Heating well fluids is expensive. Adding heat can cause a significant loss of the lower-boiling point hydrocarbons (light ends). This causes “shrinkage” of the oil, or loss of volume. Because the light ends are boiled off, the remaining liquid has a lower API gravity and thus might have less value. for 33°API crude. The vapor leaving the oil phase can be vented to a vapor recovery system or compressed and sold with the gas. Either way, there probably will be a net income loss.

The gas that is liberated when crude oil is treated also might create a problem in the treating equipment if the equipment is improperly designed. In vertical emulsion treaters and gun barrels, some liberated gas could rise through the coalescing section, creating enough turbulence and disturbance to inhibit coalescence. Perhaps more importantly, the small gas bubbles are attracted to surface-active material and, hence, to the water droplets; thus, they tend to keep the water droplets from settling and might even cause them to be discharged with the oil.

Fuel is required to provide heat, and so the cost of fuel must be considered. If the oil is above inlet-fluid temperature when it is discharged from the treating unit, it can be flowed through a heat exchanger with the incoming well fluid to transfer the heat to the cooler incoming well fluid. This will minimize evaporation losses and reduce fuel cost; however, it also will increase the vapor pressure of the crude, which might be limited by contract.

If properly done, heating an emulsion can greatly benefit water separation. Using less heat and a little more chemical, agitation, and/or settling space can obtain the most economical emulsion treatment.

In some geographic areas, emulsion-heating requirements vary in accordance with daily and/ or seasonal atmospheric temperatures. Emulsions usually are more difficult to treat when the air is cooler—e.g., at night, during a rain, or in winter months. On the other hand, treatment, especially heating, might not be required in the warmer summer months. When the treating problem is seasonal, some emulsions can be resolved successfully by adding more chemical demulsifiers during winter months. The proper economic balance of heat and chemicals requires evaluation.

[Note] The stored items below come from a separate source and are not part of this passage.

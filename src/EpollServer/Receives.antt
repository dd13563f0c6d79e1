-- ===== src/EpollServer/Receives.antt =====
-- The receive task on a server in order: it returns, and what it does to `CRecvDataProc` are steps of
-- its life.
use mathlib.Core.Option.{none-ne-some}
use cmdtran.Common.{
  ℕ, zero, suc, ◌≡◌, ◌≢◌, ◌<◌, refl, sym, ap, ◌∙◌, Bool, true, false, Option, some, List, length,
  arith, ℕ_discrete,
}
use cmdtran.Common.Map.{find, erase, find-erase_self}
use cmdtran.RecvDataProc.{RecvDataProc, quit_client, add_recv_data}
use cmdtran.RecvDataProc.Flow
use cmdtran.RecvDataProc.Receive.{
  Steps, Steps-IsValid, more, quit, receive, own, add_recv_data-IsValid,
}
use cmdtran.RecvDataProc.Calls.{add_recv_data-Keeps}
use cmdtran.EpollServer.Interface.{Kernel, Network, Reads, Received, bytes, end, failed}
use cmdtran.EpollServer.{EpollServer, remove_socket}
use cmdtran.EpollServer.Serves.{serves, serves-Reading, serves-flag, flag_of, flag}
use cmdtran.EpollServer.Sound.{kernel-IsSound, remove_socket-IsSound}
use cmdtran.EpollServer.Kept.{Sound, serves-Keeps}
use cmdtran.EpollServer.RecvTask.{
  with_server, with_kernel, read_round, read_size, process_recv_data,
}

module _ (kernel : Kernel) (network : Network kernel) (reads : Reads network) (n : ℕ)
    (p₀ : RecvDataProc (EpollServer kernel.State)) where
  open kernel use {State}
  open network use {accept, epoll_ctl_add, epoll_ctl_del, close, read}
  open reads use {pending, read-pending, control-pending, close-pending}

  abbrev Valid : RecvDataProc (EpollServer State) → Type 0
  Valid = Flow.IsValid (serves kernel close) (serves-Reading kernel close)

  -- A state that the steps of `CRecvDataProc` lead to, with an epoll server in order.
  abbrev pub Serving : RecvDataProc (EpollServer State) → Type 0
  Serving p = Steps (serves kernel close) (serves-Reading kernel close) p₀ p × Sound n p.server

  -- A run of the task that returns.
  abbrev pub Returns : Option (Bool × RecvDataProc (EpollServer State)) → Type 0
  Returns out =
      (done : Bool) × (p : RecvDataProc (EpollServer State)) × (out ≡ some (done, p)) × Serving p

  -- The flags that `CRecvDataProc` sees are those of the epoll server.
  pub same_flags :
      (j : ℕ) (e e' : EpollServer State)
      → flag j e ≡ flag j e'
      → (serves-Reading kernel close).flag j e ≡ (serves-Reading kernel close).flag j e'
  same_flags j e e' h = serves-flag kernel close j e ∙ h ∙ sym (serves-flag kernel close j e')

  pub with_kernel-Serving :
      (k : State) (p : RecvDataProc (EpollServer State))
      → Serving p
      → Serving (with_kernel kernel network k p)
  with_kernel-Serving k p (steps, (chains, ok)) = (
    more p (with_kernel kernel network k p) steps (
        own (record p.server { kernel = k })
          (λ j c found. same_flags j (record p.server { kernel = k }) p.server refl)),
    (chains, kernel-IsSound ok k),
  )

  -- A client that is gone may be taken out of the epoll server.
  gone-Serving :
      (valid : Valid p₀) (sock : ℕ) (p : RecvDataProc (EpollServer State)) (e : EpollServer State)
      → Serving p
      → Sound n e
      → ((j : ℕ) → sock ≢ j → find j e.socket_info ≡ find j p.server.socket_info)
      → Serving (with_server kernel network e (quit_client (serves kernel close) sock p))
  unfolding quit_client
  gone-Serving valid sock p e (steps, _) ok others =
      let sorted =
        (Steps-IsValid (serves kernel close) (serves-Reading kernel close) p₀ p valid
          steps).sorted in
      (
        more _ _ (more p _ steps (quit sock)) (
            own e (λ j c found. same_flags j e p.server (elim (ℕ_discrete sock j) [
              | yes same ↦ absurd (
                  none-ne-some c (
                    sym (find-erase_self sock p.client_map sorted)
                    ∙ ap (λ (j : ℕ). find j (erase sock p.client_map)) same
                    ∙ found))
              | no other ↦ ap flag_of (others j other)
            ]))),
        ok,
      )

  -- A round whose calls return.
  end_round :
      (rest : RecvDataProc (EpollServer State) → Option (Bool × RecvDataProc (EpollServer State)))
      (sock : ℕ) (p : RecvDataProc (EpollServer State)) (e : EpollServer State)
      → remove_socket sock (with_kernel kernel network (close sock p.server.kernel) p).server
        ≡ some e
      → read_round kernel network rest sock end p
        ≡ some (
          false,
          with_server kernel network e (
              quit_client
                (serves kernel close)
                sock
                (with_kernel kernel network (close sock p.server.kernel) p)),
        )
  unfolding read_round quit_client
  end_round rest sock p e h = rw (h, read_round) refl

  bytes_round :
      (rest : RecvDataProc (EpollServer State) → Option (Bool × RecvDataProc (EpollServer State)))
      (sock : ℕ) (buff : List ℕ) (p q : RecvDataProc (EpollServer State)) (done : Bool)
      → add_recv_data (serves kernel close) sock buff (length buff) p ≡ some (done, q)
      → read_round kernel network rest sock (bytes buff) p ≡ rest q
  unfolding read_round
  bytes_round rest sock buff p q done h = rw (h, read_round) refl

  end-Returns :
      (valid : Valid p₀)
      (rest : RecvDataProc (EpollServer State) → Option (Bool × RecvDataProc (EpollServer State)))
      (sock : ℕ) (p : RecvDataProc (EpollServer State))
      → Serving p
      → Returns (read_round kernel network rest sock end p)
  end-Returns valid rest sock p now =
      let q = with_kernel kernel network (close sock p.server.kernel) p in
      let closed = with_kernel-Serving (close sock p.server.kernel) p now in
      let (e, returns, ok, others) = remove_socket-IsSound closed.1.1 sock in
      (
        false,
        with_server kernel network e (quit_client (serves kernel close) sock q),
        end_round rest sock p e returns,
        gone-Serving valid sock q e closed (closed.1.0, ok) others,
      )

  -- A round with bytes goes on with fewer bytes at hand.
  bytes-Returns :
      (valid : Valid p₀) (fuel sock : ℕ)
      (rest : RecvDataProc (EpollServer State) → Option (Bool × RecvDataProc (EpollServer State)))
      (buff : List ℕ) (p : RecvDataProc (EpollServer State))
      → ((q : RecvDataProc (EpollServer State))
          → Serving q
          → pending sock q.server.kernel < fuel
          → Returns (rest q))
      → Serving p
      → pending sock p.server.kernel < fuel
      → Returns (read_round kernel network rest sock (bytes buff) p)
  bytes-Returns valid fuel sock rest buff p next (steps, ok) few =
      let v = Steps-IsValid (serves kernel close) (serves-Reading kernel close) p₀ p valid steps in
      let (done, q, returns, _) =
        add_recv_data-IsValid (serves kernel close) (serves-Reading kernel close) sock buff
          (length buff) p v (omega arith) in
      let (ok', few') =
        add_recv_data-Keeps (serves kernel close) (λ e. Sound n e × (pending sock e.kernel < fuel))
          (serves-Keeps kernel n close (λ s. pending sock s < fuel)
            (λ k b s h. omega (arith, control-pending sock k b s))
            (λ k s h. omega (arith, close-pending sock k s)))
          sock buff (length buff) p q done returns (ok, few) in
      let (d, r, ends, serving) =
        next q (more p q steps (receive sock buff (length buff) done q (omega arith) returns), ok')
          few' in
      (d, r, bytes_round rest sock buff p q done returns ∙ ends, serving)

  read_round-Returns :
      (valid : Valid p₀) (fuel sock : ℕ)
      (rest : RecvDataProc (EpollServer State) → Option (Bool × RecvDataProc (EpollServer State)))
      (received : Received) (p : RecvDataProc (EpollServer State))
      → ((q : RecvDataProc (EpollServer State))
          → Serving q
          → pending sock q.server.kernel < fuel
          → Returns (rest q))
      → Serving p
      → ((buff : List ℕ) → received ≡ bytes buff → pending sock p.server.kernel < fuel)
      → Returns (read_round kernel network rest sock received p)
  unfolding read_round
  read_round-Returns valid fuel sock rest end p next now few = end-Returns valid rest sock p now
  read_round-Returns valid fuel sock rest failed p next now few = (true, p, refl, now)
  read_round-Returns valid fuel sock rest (bytes buff) p next now few =
      bytes-Returns valid fuel sock rest buff p next now (few buff refl)

  pub process_recv_data-Returns :
      (valid : Valid p₀) (fuel sock : ℕ) (p : RecvDataProc (EpollServer State))
      → Serving p
      → pending sock p.server.kernel < fuel
      → Returns (process_recv_data kernel network fuel sock p)
  unfolding process_recv_data
  process_recv_data-Returns valid zero sock p now few = absurd (omega arith)
  process_recv_data-Returns valid (suc fuel) sock p now few =
      let r = read sock read_size p.server.kernel in
      read_round-Returns valid fuel sock (process_recv_data kernel network fuel sock) r.0
        (with_kernel kernel network r.1 p) (process_recv_data-Returns valid fuel sock)
        (with_kernel-Serving r.1 p now)
        (λ buff e. omega (
          arith,
          read-pending sock read_size p.server.kernel r.1 buff (ap (λ (x : Received). (x, r.1)) e),
        ))
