-- ===== src/EpollServer/Events.antt =====
-- `ProcessRecvEnts` of the receive task, and the server as the receive tasks and the frame tasks run
-- on it, in any order.
use mathlib.Core.Option.{none-ne-some}
use cmdtran.Common.{
  ℕ, ◌≡◌, ◌<◌, refl, sym, ap, ◌∙◌, Bool, true, false, Option, none, some, ◌==◌, Bool-cases, inl,
  inr, ==→eq, ℕ_discrete,
}
use cmdtran.Common.Map.{find, insert, find-insert_new, find-insert_ne}
use cmdtran.RecvDataProc.{RecvDataProc, add_client, quit_client}
use cmdtran.RecvDataProc.Flow
use cmdtran.RecvDataProc.Receive.{Steps, Steps-IsValid, start, more, connect, quit, own}
use cmdtran.EpollServer.Interface.{Kernel, Network, Reads}
use cmdtran.EpollServer.{EpollServer, new_socket, writable}
use cmdtran.EpollServer.Serves.{serves, serves-Reading, flag_of, flag, serves-flag}
use cmdtran.EpollServer.Kept.{Sound, insert-Sound, writable-Sound}
use cmdtran.EpollServer.RecvTask.{
  Event, with_server, added, accepted, process_recv_data, hang_up, process_recv_ents,
}
use cmdtran.EpollServer.Receives.{
  Serving, Returns, same_flags, with_kernel-Serving, process_recv_data-Returns,
}

module _ (kernel : Kernel) (network : Network kernel) (reads : Reads network) (n : ℕ) where
  open kernel use {State}
  open network use {accept, epoll_ctl_add, epoll_ctl_del, close}
  open reads use {pending}

  abbrev pub Valid : RecvDataProc (EpollServer State) → Type 0
  Valid = Flow.IsValid (serves kernel close) (serves-Reading kernel close)

  -- A socket that is accepted has a number that the server does not know.
  abbrev pub Fresh : ℕ → Event → RecvDataProc (EpollServer State) → Type 0
  Fresh listen ev p =
      (sock : ℕ)
      → ev.fd ≡ listen
      → (accept p.server.kernel).0 ≡ some sock
      → find sock p.server.socket_info ≡ none

  module _ (p₀ : RecvDataProc (EpollServer State)) (valid : Valid p₀) where
    abbrev Now : RecvDataProc (EpollServer State) → Type 0
    Now = Serving kernel network reads n p₀

    added-Serving :
        (camera sock : ℕ) (answer : Bool) (k : State) (p : RecvDataProc (EpollServer State))
        → find sock p.server.socket_info ≡ none
        → Now p
        → Now (added kernel network camera sock (answer, k) p)
    unfolding added add_client
    added-Serving camera sock false k p out now =
        with_kernel-Serving kernel network reads n p₀ (close sock k) p now
    added-Serving camera sock true k p out (steps, ok) =
        let v =
          Steps-IsValid (serves kernel close) (serves-Reading kernel close) p₀ p valid steps in
        let e = record p.server {
          socket_info = insert sock (new_socket sock) p.server.socket_info;
          kernel = k;
        } in
        (
          more _ _
              (more p (with_server kernel network e p) steps (
                own e (λ j c found.
                  same_flags kernel network reads n p₀ j e p.server (elim (ℕ_discrete sock j) [
                    | yes same ↦ absurd (
                        none-ne-some c.enable_read (
                          sym (ap flag_of out)
                          ∙ ap (λ (j : ℕ). flag j p.server) same
                          ∙ sym (serves-flag kernel close j p.server)
                          ∙ (v.flowing j c found).agrees))
                    | no other ↦
                        ap flag_of
                          (find-insert_ne sock j (new_socket sock) p.server.socket_info other)
                  ]))))
              (connect sock camera (
                serves-flag kernel close sock e
                ∙ ap flag_of
                    (find-insert_new sock (new_socket sock) p.server.socket_info ok.1.sorted out))),
          insert-Sound n sock k p.server out ok,
        )

    accepted-Serving :
        (camera : ℕ) (answer : Option ℕ) (k : State) (p : RecvDataProc (EpollServer State))
        → ((sock : ℕ) → answer ≡ some sock → find sock p.server.socket_info ≡ none)
        → Now p
        → Now (accepted kernel network camera (answer, k) p)
    unfolding accepted
    accepted-Serving camera none k p out now = with_kernel-Serving kernel network reads n p₀ k p now
    accepted-Serving camera (some sock) k p out now =
        added-Serving camera sock (epoll_ctl_add sock k).0 (epoll_ctl_add sock k).1 p
          (out sock refl) now

    hang_up-Serving :
        (sock : ℕ) (p : RecvDataProc (EpollServer State))
        → Now p
        → Now (hang_up kernel network sock p)
    unfolding hang_up quit_client
    hang_up-Serving sock p now =
        let k = close sock (epoll_ctl_del sock p.server.kernel) in
        let (steps, ok) = with_kernel-Serving kernel network reads n p₀ k p now in
        (more _ _ steps (quit sock), ok)

    -- A branch that hands a result on.
    returned-Returns :
        (out : Option (Bool × RecvDataProc (EpollServer State)))
        → Returns kernel network reads n p₀ out
        → Returns kernel network reads n p₀
            (elim out [ none ↦ none | some (done, q) ↦ some (true, q) ])
    returned-Returns out (done, q, returns, now) = (true, q, rw returns refl, now)

    writable-Returns :
        (sock : ℕ) (p : RecvDataProc (EpollServer State))
        → Now p
        → Returns kernel network reads n p₀ (elim (writable sock p.server) [
          | none ↦ none
          | some (done, e) ↦ some (done, with_server kernel network e p)
        ])
    writable-Returns sock p (steps, ok) =
        let (done, e, returns, ok', same) = writable-Sound n sock p.server ok in
        (
          done,
          with_server kernel network e p,
          rw returns refl,
          (
            more p _ steps
                (own e (λ j c found. same_flags kernel network reads n p₀ j e p.server (same j))),
            ok',
          ),
        )

    pub process_recv_ents-Returns :
        (fuel listen camera : ℕ) (ev : Event) (p : RecvDataProc (EpollServer State))
        → Now p
        → pending ev.fd p.server.kernel < fuel
        → Fresh listen ev p
        → Returns kernel network reads n p₀
            (process_recv_ents kernel network fuel listen camera ev p)
    unfolding process_recv_ents
    process_recv_ents-Returns fuel listen camera ev p now few fresh =
        elim (Bool-cases (ev.fd == listen)) [
          | inl at ↦ rw at (
            true,
            _,
            refl,
            accepted-Serving camera (accept p.server.kernel).0 (accept p.server.kernel).1 p
                (λ sock e. fresh sock (==→eq ev.fd listen at) e) now,
          )
          | inr other ↦ elim (Bool-cases ev.epollin) [
            | inl in_set ↦
                rw (other, in_set)
                  (returned-Returns (process_recv_data kernel network fuel ev.fd p) (
                    process_recv_data-Returns kernel network reads n p₀ valid fuel ev.fd p now few))
            | inr in_off ↦ elim (Bool-cases ev.epollout) [
              | inl out_set ↦ rw (other, in_off, out_set) (writable-Returns ev.fd p now)
              | inr out_off ↦
                  rw (other, in_off, out_off) (true, _, refl, hang_up-Serving ev.fd p now)
            ]
          ]
        ]

  -- On a valid server whose epoll server is in order, with more fuel than there is to read on the
  -- socket of the event, and with any socket that `accept` gives new to the server: the receive
  -- task returns at every event, what it does are steps of the life of `CRecvDataProc`, and the
  -- epoll server is in order behind it.
  pub process_recv_ents_lem :
      (fuel listen camera : ℕ) (ev : Event) (p : RecvDataProc (EpollServer State))
      → Valid p
      → Sound n p.server
      → pending ev.fd p.server.kernel < fuel
      → Fresh listen ev p
      → (done : Bool) × (p' : RecvDataProc (EpollServer State)) × (process_recv_ents kernel network
            fuel listen camera ev p
          ≡ some (done, p'))
        × Steps (serves kernel close) (serves-Reading kernel close) p p'
        × Sound n p'.server
  process_recv_ents_lem fuel listen camera ev p valid ok few fresh =
      let (done, p', returns, now) =
        process_recv_ents-Returns p valid fuel listen camera ev p (start, ok) few fresh in
      (done, p', returns, now.0, now.1)
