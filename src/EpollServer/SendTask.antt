-- ===== src/EpollServer/SendTask.antt =====
-- `CSocketSendTask` of ComandTran/src/EpollServer.cpp: the task that sends what stands in the chain of a
-- socket. A result `none` is a fault, or the end of the fuel.
use cmdtran.Common.{
  ℕ, zero, suc, ◌+◌, ◌-◌, Bool, true, false, ◌&&◌, Option, none, some, List, take, drop, ltb, ◌==◌,
}
use cmdtran.Common.Int.{ℤ, pos, negsuc, exceeds_ℕ}
use cmdtran.Common.Map.{find, update}
use cmdtran.MemChain.{MemChain, MemNode, delete_head, put, get_head, get_size}
use cmdtran.EpollServer.Interface.{Kernel}
use cmdtran.EpollServer.{EpollServer, send_state_waiting, call_back, give_back}

module _ (kernel : Kernel) where
  open kernel use {State, send}

  -- The bytes of a node that are not sent yet.
  abbrev pub unsent : MemNode → ℕ → EpollServer State → List ℕ
  unsent n block e = drop n.begin (take n.len (e.memory block))

  -- The send task behind a `send` of a part of a node: its begin moves on, and the socket waits.
  unfoldable pub sent_part : ℕ → ℕ → MemNode → ℕ → MemChain → EpollServer State → EpollServer State
  sent_part sock a n count chain e = record e {
    socket_info =
        update sock
          (λ s. record s {
            output_chain = record chain {
              heap = put chain.heap a (some (record n { begin = n.begin + count }));
            };
            curr_send_state = send_state_waiting;
          })
          e.socket_info;
  }

  -- The send task at a node that was sent whole: it deletes the head, and reads the node after that.
  unfoldable pub sent_all :
      ℕ → Option (Bool × MemChain) → EpollServer State → Option (MemChain × EpollServer State)
  sent_all a none e = none
  sent_all a (some (done, chain)) e = elim (chain.heap a) [
    | none ↦ none
    | some n ↦ some (
      chain,
      record e {
        call_backs = call_back n 0 e.call_backs;
        send_data_mem = give_back n.buffer e.send_data_mem;
      },
    )
  ]

  abbrev pub keep_chain : ℕ → MemChain → EpollServer State → EpollServer State
  keep_chain sock chain e = record e {
    socket_info = update sock (λ s. record s { output_chain = chain }) e.socket_info;
  }

  -- The send task behind its call of `send` for a node, with the result.
  unfoldable pub sent_node :
      (MemChain → EpollServer State → Option (EpollServer State))
      → ℕ
      → ℕ
      → MemNode
      → MemChain
      → ℤ
      → EpollServer State
      → Option (EpollServer State)
  sent_node rest sock a n chain (negsuc r) e = some (keep_chain sock chain e)
  sent_node rest sock a n chain (pos r) e = elim (ltb 0 r && ltb r (n.len - n.begin)) [
    | true ↦ some (sent_part sock a n r chain e)
    | false ↦ elim (ltb 0 r && (r == (n.len - n.begin))) [
      | true ↦ elim (sent_all a (delete_head chain) e) [
        | none ↦ none
        | some (chain', e') ↦ rest chain' e'
      ]
      | false ↦ rest chain e
    ]
  ]

  unfoldable pub send_buffer :
      (MemChain → EpollServer State → Option (EpollServer State))
      → ℕ
      → ℕ
      → MemNode
      → MemChain
      → Option ℕ
      → EpollServer State
      → Option (EpollServer State)
  send_buffer rest sock a n chain none e = some (keep_chain sock chain e)
  send_buffer rest sock a n chain (some block) e =
      let (ret, k) = send sock (unsent n block e) e.kernel in
      sent_node rest sock a n chain ret (record e { kernel = k })

  unfoldable pub send_node :
      (MemChain → EpollServer State → Option (EpollServer State))
      → ℕ
      → ℕ
      → MemChain
      → Option MemNode
      → EpollServer State
      → Option (EpollServer State)
  send_node rest sock a chain none e = none
  send_node rest sock a chain (some n) e = send_buffer rest sock a n chain n.buffer e

  unfoldable pub send_head :
      (MemChain → EpollServer State → Option (EpollServer State))
      → ℕ
      → MemChain
      → Option ℕ
      → EpollServer State
      → Option (EpollServer State)
  send_head rest sock chain none e = none
  send_head rest sock chain (some a) e = send_node rest sock a chain (chain.heap a) e

  -- The loop of the send task.
  unfoldable pub send_chain : ℕ → ℕ → MemChain → EpollServer State → Option (EpollServer State)
  send_chain zero sock chain e = none
  send_chain (suc fuel) sock chain e = elim (exceeds_ℕ (get_size chain) 0) [
    | false ↦ some (keep_chain sock chain e)
    | true ↦ send_head (send_chain fuel sock) sock chain (get_head chain) e
  ]

  -- `CSocketSendTask::ProcessTask`.
  unfoldable pub process_send_task : ℕ → ℕ → EpollServer State → Option (EpollServer State)
  process_send_task fuel sock e = elim (find sock e.socket_info) [
    | none ↦ some e
    | some s ↦ send_chain fuel sock s.output_chain e
  ]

Crude-oil emulsions with similar viscosity ranges do not always require the same type of treating equipment or the same treating temperature. Emulsions that are produced from different wells on the same lease or from the same formation in the same field might require different treating temperatures. For this reason, treating temperatures should be tested so that the lowest practical treating temperature for each emulsion and treating unit or system can be determined by trial.

The heat input and thus the fuel required for treating depends on the temperature rise, the amount of water in the oil, and the flow rate. Because heating a given volume of water requires approximately twice the energy needed to heat the same volume of oil, it is beneficial to separate free water from the emulsion to be treated. Often this is done in a separate free-water knockout (FWKO) vessel upstream of where heat is added. Sometimes it is accomplished in a separate section of the same vessel.

Read Also Emulsion Treating Part.1

Chemical Demulsifiers.
Dehydration chemicals, or demulsifiers, are chemical compounds that are widely used to destabilize, and assist in coalescence of, crude-oil emulsions.

This treatment method is popular because the chemicals are easily applied, usually are reasonable in cost, and usually minimize the amount of heat and settling time required. The chemical counteracts the emulsifying agent, allowing the dispersed droplets of the emulsion to coalesce into larger drops and settle out of the matrix. To work, demulsifiers must be injected into the emulsion; must mix intimately with the emulsion and migrate to all the protective films surrounding all the dispersed droplets; and must displace or nullify the effect of the emulsifying agent at the interface. For the oil and water to separate, there must also be a period of continual, moderate agitation of the treated emulsion to produce contact between and coalescence of the dispersed droplets, as well as a quiet settling period.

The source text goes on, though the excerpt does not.